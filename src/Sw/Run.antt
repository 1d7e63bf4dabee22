-- ===== src/Sw/Run.antt =====
-- `sw_timer_run` of src/sw.c: the stopwatch counts, and rings for the shell that waits.
use x.Base.{
  ℕ, ◌+◌, ◌%◌, ◌≤◌, ◌<◌, ◌≡◌, ◌≢◌, refl, ap, sym, ◌∙◌, subst, Bool, true, false, not, ◌&&◌, some,
  List, [], ◌∷◌, ◌++◌, count, update, ◌==◌, if◌then◌else◌, Bool-cases, inl, inr, arith,
}
use x.Base.Word.{add32, sub32}
use x.Base.Outcome.{Outcome, ok, ◌>>=◌}
use x.LinkedList.{LinkedList}
use x.Thread.State.{dead}
use x.Thread.System.{IsOrderly}
use x.Mutex.Unlock.{released}
use x.Condvar.{Condvar, with_kernel, condvar_signal}
use x.Condvar.Signal.{first_asleep}
use x.Condvar.Quiet.{Roused, signal_quiet}
use x.Timer.{Timers, timer_ticks_occurred, timer_get_time, timer_schedule}
use x.Timer.Order.{IsOrdered, schedule-IsOrdered, get_time_lem}
use x.Sw.{Stopwatch, Message, ticks, say, sw_unlock, sw_notify, sw_count, sw_timer_run}
use x.Sw.Quiet.{IsCalm, IsFree, held, unlock_quiet, sw_lock_lem, sw_unlock_lem}

-- The messages with the ticks, every five seconds.
abbrev pub log : List Message → ℕ → List Message
log messages n = if n % 500 == 0 then messages ++ (ticks n ∷ []) else messages

module _ ⦃lib : LinkedList⦄ where
  open lib use {nodes}

  -- The shell's deadline occurs with the next tick.
  abbrev pub due : Stopwatch → Bool
  due s = s.sw_shell_waiting && timer_ticks_occurred s.sw_wait_ticks (add32 s.sw_ticks 1)

  -- `w` is the first waiter of the condition variable that was not awoken, and its thread one that is
  -- not dead, not current and not the idle one, of no higher priority than the current one.
  pub record IsWaiter (c : Condvar) (w : ℕ) : Type 0 where
    pub first : first_asleep c.waiter_at (nodes c.waiters) ≡ some w
    pub alive : (c.base.kernel.threads (c.waiter_at w).thread).state ≢ dead
    pub other : (c.waiter_at w).thread ≢ c.base.kernel.current
    pub busy : (c.waiter_at w).thread ≢ c.base.kernel.idle
    pub low :
        (c.base.kernel.threads (c.waiter_at w).thread).priority
        ≤ (c.base.kernel.threads c.base.kernel.current).priority

  -- What the shell gets: its waiter is marked and its thread ready, or nothing changes.
  pub data Rung (s s' : Stopwatch) : Type 0 where
    rung :
        (w : ℕ)
        → due s ≡ true
        → first_asleep s.sync.waiter_at (nodes s.sync.waiters) ≡ some w
        → s'.sw_shell_waiting ≡ false
        → Roused s.sync.base.kernel (s.sync.waiter_at w).thread s'.sync.base.kernel
        → s'.sync.waiter_at
          ≡ update s.sync.waiter_at w (record (s.sync.waiter_at w) { awaken = true })
        → Rung s s'
    silent : due s ≡ false → s'.sw_shell_waiting ≡ s.sw_shell_waiting → s'.sync ≡ s.sync → Rung s s'

  -- One tick later: the timer is on the list once more, a tick behind.
  pub record Counted (base sw_timer : ℕ) (s s' : Stopwatch) : Type 0 where
    pub counts : s'.sw_ticks ≡ add32 s.sw_ticks 1
    pub scheduled : s'.sw_timer_scheduled ≡ true
    pub shown : s'.messages ≡ log s.messages (add32 s.sw_ticks 1)
    pub ordered : IsOrdered base s'.timers
    pub next : (s'.timers.timers sw_timer).ticks ≡ add32 (s.timers.timers sw_timer).ticks 1
    pub linked :
        (x : ℕ)
        → count x (nodes s'.timers.timer_list)
          ≡ count x (nodes s.timers.timer_list) + (if sw_timer == x then 1 else 0)
    pub others : (x : ℕ) → sw_timer ≢ x → s'.timers.timers x ≡ s.timers.timers x
    pub rings : Rung s s'
    pub calm : IsCalm s'.sync.base.kernel
    pub free : IsFree s'.sync.base.mutex

  abbrev later : Stopwatch → Stopwatch
  later s = record s {
    sw_ticks = add32 s.sw_ticks 1;
    messages = log s.messages (add32 s.sw_ticks 1);
  }

  -- The rest of `sw_count`.
  abbrev count_rest : ℕ → Stopwatch → Outcome Stopwatch
  count_rest sw_timer s = do
    s ← sw_notify sw_timer s
    (time, timers) ← timer_get_time s.timers sw_timer
    timers ← timer_schedule timers sw_timer (add32 time 1)
    ok (record s { timers = timers })

  logged :
      (s : Stopwatch) (m : Message) (b : Bool)
      → (if b then say s m else s)
        ≡ record s { messages = if b then s.messages ++ (m ∷ []) else s.messages }
  logged s m true = refl
  logged s m false = refl

  count_code : (sw_timer : ℕ) (s : Stopwatch) → sw_count sw_timer s ≡ count_rest sw_timer (later s)
  unfolding sw_count
  count_code sw_timer s =
      let s1 = record s { sw_ticks = add32 s.sw_ticks 1 } in
      ap (count_rest sw_timer) (logged s1 (ticks s1.sw_ticks) (s1.sw_ticks % 500 == 0))

  notify_no :
      (sw_timer : ℕ) (s : Stopwatch)
      → (s.sw_shell_waiting && timer_ticks_occurred s.sw_wait_ticks s.sw_ticks) ≡ false
      → sw_notify sw_timer s ≡ ok s
  unfolding sw_notify
  notify_no sw_timer s e =
      ap
        (λ b.
          if not b
          then ok s
          else (condvar_signal s.sync >>= λ sync.
              ok (record s { sw_shell_waiting = false; sync = sync })))
        e

  notify_yes :
      (sw_timer : ℕ) (s : Stopwatch) (sync : Condvar)
      → (s.sw_shell_waiting && timer_ticks_occurred s.sw_wait_ticks s.sw_ticks) ≡ true
      → condvar_signal s.sync ≡ ok sync
      → sw_notify sw_timer s ≡ ok (record s { sw_shell_waiting = false; sync = sync })
  unfolding sw_notify
  notify_yes sw_timer s sync e run =
      ap
        (λ b.
          if not b
          then ok s
          else (condvar_signal s.sync >>= λ sync.
              ok (record s { sw_shell_waiting = false; sync = sync })))
        e
      ∙ rw run refl

  -- From what `sw_notify` and the end of the section come to.
  run_code :
      (sw_timer : ℕ) (s : Stopwatch) (waiter : ℕ) (n : Stopwatch) (t' : Timers) (s' : Stopwatch)
      → IsCalm s.sync.base.kernel
      → IsFree s.sync.base.mutex
      → s.sw_timer_scheduled ≡ true
      → s.timers.locked ≡ false
      → sw_notify sw_timer (later (held s)) ≡ ok n
      → n.timers ≡ s.timers
      → timer_schedule
          (record s.timers { locked = false })
          sw_timer
          (add32 (s.timers.timers sw_timer).ticks 1)
        ≡ ok t'
      → sw_unlock (record n { timers = t' }) ≡ ok s'
      → sw_timer_run sw_timer s waiter ≡ ok s'
  unfolding sw_timer_run
  run_code sw_timer s waiter n t' s' c f on free notified same scheduled done =
      let body : sw_count sw_timer (held s) ≡ ok (record n { timers = t' }) =
        count_code sw_timer (held s)
        ∙ rw (notified, same, get_time_lem s.timers sw_timer free, scheduled) refl in
      rw (sw_lock_lem s waiter c f) (
        ap (λ b. (if not b then ok (held s) else sw_count sw_timer (held s)) >>= sw_unlock) on
        ∙ rw body done)

  -- The end of a call, once the timer is scheduled: the states in front of that, and at the end.
  record Ended (sw_timer : ℕ) (s : Stopwatch) (t' : Timers) : Type 0 where
    pub n : Stopwatch
    pub s' : Stopwatch
    pub notified : sw_notify sw_timer (later (held s)) ≡ ok n
    pub same : n.timers ≡ s.timers
    pub done : sw_unlock (record n { timers = t' }) ≡ ok s'
    pub timers : s'.timers ≡ t'
    pub counts : s'.sw_ticks ≡ add32 s.sw_ticks 1
    pub stays : s'.sw_timer_scheduled ≡ s.sw_timer_scheduled
    pub shown : s'.messages ≡ log s.messages (add32 s.sw_ticks 1)
    pub rings : Rung s s'
    pub calm : IsCalm s'.sync.base.kernel
    pub free : IsFree s'.sync.base.mutex

  -- The waiter's thread is woken up, and the mutex is free again.
  ring_lem :
      (sw_timer : ℕ) (s : Stopwatch) (w : ℕ) (t' : Timers)
      → IsCalm s.sync.base.kernel
      → IsFree s.sync.base.mutex
      → IsOrderly s.sync.base.kernel
      → (s.sync.base.kernel.threads s.sync.base.kernel.current).preempt_level < 4294967294
      → s.sync.base.kernel.nr_threads < 4294967295
      → due s ≡ true
      → IsWaiter s.sync w
      → Ended sw_timer s t'
  unfolding sw_unlock
  ring_lem sw_timer s w t' c f v lt few now i =
      let (k', run, r) =
        signal_quiet (held s).sync w i.first v lt c.calm few i.alive i.other i.busy i.low in
      let sync : Condvar = record (with_kernel (held s).sync k') {
        waiter_at = update s.sync.waiter_at w (record (s.sync.waiter_at w) { awaken = true });
      } in
      let n : Stopwatch = record (later (held s)) { sw_shell_waiting = false; sync = sync } in
      let same : k'.threads k'.current ≡ s.sync.base.kernel.threads s.sync.base.kernel.current =
        ap k'.threads r.same_current ∙ r.self in
      let c' : IsCalm k' = record {
        few = subst (λ d. d.preempt_level < 4294967295) (sym same) c.few;
        calm = ap (λ d. d.yield) same ∙ c.calm;
      } in
      let code = unlock_quiet sync.base c' (ap some (sym r.same_current)) refl f.alone in
      record {
        n = n;
        s' = record n {
          timers = t';
          sync = record sync { base = record sync.base { mutex = released sync.base } };
        };
        notified = notify_yes sw_timer (later (held s)) sync now run;
        same = refl;
        done = rw code refl;
        timers = refl;
        counts = refl;
        stays = refl;
        shown = refl;
        rings = rung w now i.first refl r refl;
        calm = c';
        free = record { owner = refl; unlocked = refl; alone = f.alone };
      }

  -- No one is woken up.
  quiet_lem :
      (sw_timer : ℕ) (s : Stopwatch) (t' : Timers)
      → IsCalm s.sync.base.kernel
      → IsFree s.sync.base.mutex
      → due s ≡ false
      → Ended sw_timer s t'
  quiet_lem sw_timer s t' c f later_on = record {
    n = later (held s);
    s' = record (later (held s)) { timers = t'; sync = s.sync };
    notified = notify_no sw_timer (later (held s)) later_on;
    same = refl;
    done = sw_unlock_lem s (record (later (held s)) { timers = t' }) c f refl;
    timers = refl;
    counts = refl;
    stays = refl;
    shown = refl;
    rings = silent later_on refl refl;
    calm = c;
    free = f;
  }

  -- In a run queue in order with fewer than 2^32 - 1 threads, `sw_timer_run` of a stopwatch
  -- that runs returns, for a thread with its preemption level two below the limit that was
  -- not told to yield and finds the mutex free without waiters, with timers in order that
  -- expire less than 2^31 ticks behind a common base, as the stopwatch's timer does a tick
  -- later, which is not linked; and if the deadline of the shell occurs with the tick, the
  -- thread of its waiter is alive, not current, not the idle one and of no higher priority.
  -- The stopwatch is a tick further, with a message every five seconds, its timer is linked
  -- once more and expires a tick later, the others stay as they are, the shell is woken up
  -- exactly if its deadline occurs, no switch takes place, and the mutex is free.
  pub run_lem :
      (base sw_timer : ℕ) (s : Stopwatch) (waiter : ℕ)
      → s.sw_timer_scheduled ≡ true
      → IsCalm s.sync.base.kernel
      → IsFree s.sync.base.mutex
      → IsOrderly s.sync.base.kernel
      → (s.sync.base.kernel.threads s.sync.base.kernel.current).preempt_level < 4294967294
      → s.sync.base.kernel.nr_threads < 4294967295
      → IsOrdered base s.timers
      → count sw_timer (nodes s.timers.timer_list) ≡ 0
      → sub32 (add32 (s.timers.timers sw_timer).ticks 1) base < 2147483648
      → (due s ≡ true → (w : ℕ) × IsWaiter s.sync w)
      → (s' : Stopwatch) × (sw_timer_run sw_timer s waiter ≡ ok s') × Counted base sw_timer s s'
  run_lem base sw_timer s waiter on c f v lt few ordered absent near waits =
      let time = add32 (s.timers.timers sw_timer).ticks 1 in
      let opened : record s.timers { locked = false } ≡ s.timers =
        ap (λ b. record s.timers { locked = b }) (sym ordered.unlocked) in
      let (t', scheduled, ordered', next, linked, others) =
        schedule-IsOrdered base s.timers sw_timer time ordered absent (omega arith) near in
      let scheduled' = ap (λ t. timer_schedule t sw_timer time) opened ∙ scheduled in
      let e : Ended sw_timer s t' = elim (Bool-cases (due s)) [
        | inl now ↦ let (w, i) = waits now in ring_lem sw_timer s w t' c f v lt few now i
        | inr later_on ↦ quiet_lem sw_timer s t' c f later_on
      ] in
      (
        e.s',
        run_code sw_timer s waiter e.n t' e.s' c f on ordered.unlocked e.notified e.same scheduled'
            e.done,
        record {
          counts = e.counts;
          scheduled = e.stays ∙ on;
          shown = e.shown;
          ordered = subst (IsOrdered base) (sym e.timers) ordered';
          next = ap (λ t. (t.timers sw_timer).ticks) e.timers ∙ next;
          linked = λ x. ap (λ t. count x (nodes t.timer_list)) e.timers ∙ linked x;
          others = λ x far. ap (λ t. t.timers x) e.timers ∙ others x far;
          rings = e.rings;
          calm = e.calm;
          free = e.free;
        },
      )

* * * *

> **Task goal**:
The lines above starting at the one that contains "-- No one is woken up." and ending at the one that contains "-- thread of" must be transcribed exactly, and no other lines may appear.

> **Solution for this task**:
  -- No one is woken up.
  quiet_lem :
      (sw_timer : ℕ) (s : Stopwatch) (t' : Timers)
      → IsCalm s.sync.base.kernel
      → IsFree s.sync.base.mutex
      → due s ≡ false
      → Ended sw_timer s t'
  quiet_lem sw_timer s t' c f later_on = record {
    n = later (held s);
    s' = record (later (held s)) { timers = t'; sync = s.sync };
    notified = notify_no sw_timer (later (held s)) later_on;
    same = refl;
    done = sw_unlock_lem s (record (later (held s)) { timers = t' }) c f refl;
    timers = refl;
    counts = refl;
    stays = refl;
    shown = refl;
    rings = silent later_on refl refl;
    calm = c;
    free = f;
  }

  -- In a run queue in order with fewer than 2^32 - 1 threads, `sw_timer_run` of a stopwatch
  -- that runs returns, for a thread with its preemption level two below the limit that was
  -- not told to yield and finds the mutex free without waiters, with timers in order that
  -- expire less than 2^31 ticks behind a common base, as the stopwatch's timer does a tick
  -- later, which is not linked; and if the deadline of the shell occurs with the tick, the
  -- thread of its waiter is alive, not current, not the idle one and of no higher priority.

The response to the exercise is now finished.